Saved data entries
────
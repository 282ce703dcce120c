-- ===== src/Scanout.antt =====
-- src/scanout.rs: surfaces whose layer could go on a plane, their feedback with a scanout tranche, and the
-- one that was built last; and src/handlers/dmabuf.rs, the default feedback. Surfaces are numbers, a weak
-- one upgrades until it is gone, and feedback is what smithay's builder makes, of any type.
pub mod Finds
pub mod Coherent
pub mod Runs
use ihs_wl_server.Prelude.{
  ℕ, Bool, true, false, not, ◌&&◌, List, [], ◌∷◌, ◌++◌, Option, none, some, ◌==◌, if◌then◌else◌,
  retain, contains, lookup, insert, modify, erase,
}
use ihs_wl_server.Caps.{FormatModifier, fm_eq, Caps, offers}

-- What the server has from its start: `builder` is DmabufFeedbackBuilder without a tranche, `tranched` with
-- one of scanout for a device, and `known` what Fourcc::try_from knows.
pub record Host (Feedback : Type 0) : Type 0 where
  pub caps : Caps
  pub known : ℕ → Bool
  pub builder : (main : ℕ) → List FormatModifier → Option Feedback
  pub tranched :
      (main : ℕ) → List FormatModifier → (dev : ℕ) → List FormatModifier → Option Feedback

pub record Hint : Type 0 where
  pub layer_id : ℕ
  pub dev : ℕ
  pub formats : List FormatModifier

pub record Built (Feedback : Type 0) : Type 0 where
  pub dev : ℕ
  pub hinted : List FormatModifier
  pub feedback : Option Feedback

pub record Hinted (Feedback : Type 0) : Type 0 where
  pub surface : ℕ
  pub view : ℕ
  pub feedback : Feedback

-- `told` is the feedback of the surfaces that asked for it, which smithay keeps, and `gone` the surfaces
-- that were destroyed.
pub record Scanout (Feedback : Type 0) : Type 0 where
  pub hinted : List (Hinted Feedback)
  pub last : Option (Built Feedback)
  pub told : List (ℕ × Feedback)
  pub gone : List ℕ

abbrev pub formats : (known : ℕ → Bool) → List FormatModifier → List FormatModifier
formats known offered = retain (λ (f : FormatModifier). known f.fourcc) offered

abbrev pub formats_eq : List FormatModifier → List FormatModifier → Bool
formats_eq [] [] = true
formats_eq [] (g ∷ gs) = false
formats_eq (f ∷ fs) [] = false
formats_eq (f ∷ fs) (g ∷ gs) = fm_eq g.fourcc g.modifier f && formats_eq fs gs

-- The surface of a view's trees, each in the order of its walk, that is the layer.
unfoldable pub layer_surface : (trees : List (List (ℕ × Option ℕ))) → (layer_id : ℕ) → Option ℕ
layer_surface [] layer = none
layer_surface (tree ∷ trees) layer = in_tree tree (layer_surface trees layer)
  where
    is_layer : Option ℕ → Bool
    is_layer none = false
    is_layer (some i) = i == layer

    in_tree : List (ℕ × Option ℕ) → Option ℕ → Option ℕ
    in_tree [] later = later
    in_tree ((s, i) ∷ surfaces) later = if is_layer i then some s else in_tree surfaces later

module _ {Feedback : Type 0} where
  abbrev pub find_hinted : ℕ → List (Hinted Feedback) → Option Feedback
  find_hinted s [] = none
  find_hinted s (e ∷ es) = if e.surface == s then some e.feedback else find_hinted s es

  -- A surface that is gone upgrades to none, so that it is not found.
  unfoldable pub hinted_feedback : ℕ → Scanout Feedback → Option Feedback
  hinted_feedback s w =
      find_hinted s (retain (λ (e : Hinted Feedback). not (contains w.gone e.surface)) w.hinted)

  abbrev pub set_feedback : ℕ → Feedback → Scanout Feedback → Scanout Feedback
  set_feedback s f w = record w { told = modify s (λ g. f) w.told }

  abbrev pub or_default : Feedback → Option Feedback → Feedback
  or_default d none = d
  or_default d (some f) = f

  -- A surface that leaves its view, as its entry says, has the default again.
  abbrev pub tell : Feedback → (view : ℕ) → Hinted Feedback → Scanout Feedback → Scanout Feedback
  tell d view e w =
      if e.view == view && not (contains w.gone e.surface) then set_feedback e.surface d w else w

  -- `retain`, whose test tells the surfaces that it drops.
  unfoldable pub forget_each :
      Feedback → (view : ℕ) → List (Hinted Feedback) → Scanout Feedback → Scanout Feedback
  forget_each d view [] w = record w { hinted = [] }
  forget_each d view (e ∷ es) w =
      let rest = forget_each d view es (tell d view e w) in
      if e.view == view then rest else record rest { hinted = e ∷ rest.hinted }

  abbrev pub forget_for : Option Feedback → (view : ℕ) → Scanout Feedback → Scanout Feedback
  forget_for none view w = w
  forget_for (some d) view w = forget_each d view w.hinted w

  -- smithay keeps what the handler says, or the default; without a default there is nothing to ask for.
  abbrev pub answer_for : Option Feedback → ℕ → Scanout Feedback → Scanout Feedback
  answer_for none s w = w
  answer_for (some d) s w = record w { told = insert s (or_default d (hinted_feedback s w)) w.told }

  abbrev pub entry_of : (s view : ℕ) → Option Feedback → List (Hinted Feedback)
  entry_of s view none = []
  entry_of s view (some f) = record { surface = s; view = view; feedback = f } ∷ []

  unfoldable pub surface_gone : ℕ → Scanout Feedback → Scanout Feedback
  surface_gone s w = record w { gone = s ∷ w.gone; told = erase s w.told }

  module _ (host : Host Feedback) where
    -- The default feedback, where the render device is known.
    unfoldable pub global : Option Feedback
    global = elim host.caps.render_device [
      | none ↦ none
      | some device ↦ host.builder device (formats host.known host.caps.formats)
    ]

    unfoldable pub tranche_feedback : (main dev : ℕ) → List FormatModifier → Option Feedback
    tranche_feedback main dev [] = none
    tranche_feedback main dev (f ∷ fs) =
        host.tranched main (formats host.known host.caps.formats) dev (formats host.known (f ∷ fs))

    -- The tranche: the hinted formats that the shell also imports.
    abbrev pub imported : List FormatModifier → List FormatModifier
    imported hinted =
        retain (λ (f : FormatModifier). offers host.caps.formats f.fourcc f.modifier) hinted

    abbrev pub build : (main dev : ℕ) → List FormatModifier → Built Feedback
    build main dev formats = record {
      dev = dev;
      hinted = formats;
      feedback = tranche_feedback main dev (imported formats);
    }

    -- The one that was built last, if it is for the same.
    unfoldable pub cached :
        (main dev : ℕ) → List FormatModifier → Option (Built Feedback) → Built Feedback
    cached main dev hinted none = build main dev hinted
    cached main dev hinted (some b) =
        if b.dev == dev && formats_eq b.hinted hinted then b else build main dev hinted

    unfoldable pub scanout_feedback :
        (main dev : ℕ) → List FormatModifier → Scanout Feedback → Scanout Feedback × Option Feedback
    scanout_feedback main dev hinted w =
        let b = cached main dev hinted w.last in (record w { last = some b }, b.feedback)

    unfoldable pub hint_surface :
        (main : ℕ) → Feedback → (view : ℕ) → Hint → ℕ → Scanout Feedback → Scanout Feedback
    hint_surface main d view hint s w =
        let (built, feedback) = scanout_feedback main hint.dev hint.formats w in
        let kept =
          retain (λ (e : Hinted Feedback). not (contains w.gone e.surface) && not (e.surface == s))
            w.hinted in
        set_feedback s (or_default d feedback)
          (record built { hinted = kept ++ entry_of s view feedback })

    -- A hint without formats withdraws one, and changes nothing.
    abbrev pub hint_for :
        List FormatModifier
        → Option ℕ
        → Option Feedback
        → Option ℕ
        → (view : ℕ) → Hint
        → Scanout Feedback
        → Scanout Feedback
    hint_for [] main d s view hint w = w
    hint_for (f ∷ fs) none d s view hint w = w
    hint_for (f ∷ fs) (some main) none s view hint w = w
    hint_for (f ∷ fs) (some main) (some d) none view hint w = w
    hint_for (f ∷ fs) (some main) (some d) (some s) view hint w = hint_surface main d view hint s w

    unfoldable pub scanout_hint :
        (view : ℕ)
        → Hint
        → (trees : List (List (ℕ × Option ℕ))) → Scanout Feedback
        → Scanout Feedback
    scanout_hint view hint trees w =
        hint_for hint.formats host.caps.render_device global (layer_surface trees hint.layer_id)
          view hint w

    unfoldable pub forget_scanout : (view : ℕ) → Scanout Feedback → Scanout Feedback
    forget_scanout view w = forget_for global view w

    -- A surface asks for feedback, the first time.
    unfoldable pub new_surface_feedback : ℕ → Scanout Feedback → Scanout Feedback
    new_surface_feedback s w = answer_for global s w

abbrev pub no_scanout : {Feedback : Type 0} → Scanout Feedback
no_scanout = record { hinted = []; last = none; told = []; gone = [] }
────
Nothing but the lines from the top of the entries above through the line with "pub feedback : Option Feedback" should be set down, each exactly as written.

■ Answer for the task
repository 282ce703dcce120c
-- ===== src/Scanout.antt =====
-- src/scanout.rs: surfaces whose layer could go on a plane, their feedback with a scanout tranche, and the
-- one that was built last; and src/handlers/dmabuf.rs, the default feedback. Surfaces are numbers, a weak
-- one upgrades until it is gone, and feedback is what smithay's builder makes, of any type.
pub mod Finds
pub mod Coherent
pub mod Runs
use ihs_wl_server.Prelude.{
  ℕ, Bool, true, false, not, ◌&&◌, List, [], ◌∷◌, ◌++◌, Option, none, some, ◌==◌, if◌then◌else◌,
  retain, contains, lookup, insert, modify, erase,
}
use ihs_wl_server.Caps.{FormatModifier, fm_eq, Caps, offers}

-- What the server has from its start: `builder` is DmabufFeedbackBuilder without a tranche, `tranched` with
-- one of scanout for a device, and `known` what Fourcc::try_from knows.
pub record Host (Feedback : Type 0) : Type 0 where
  pub caps : Caps
  pub known : ℕ → Bool
  pub builder : (main : ℕ) → List FormatModifier → Option Feedback
  pub tranched :
      (main : ℕ) → List FormatModifier → (dev : ℕ) → List FormatModifier → Option Feedback

pub record Hint : Type 0 where
  pub layer_id : ℕ
  pub dev : ℕ
  pub formats : List FormatModifier

pub record Built (Feedback : Type 0) : Type 0 where
  pub dev : ℕ
  pub hinted : List FormatModifier
  pub feedback : Option Feedback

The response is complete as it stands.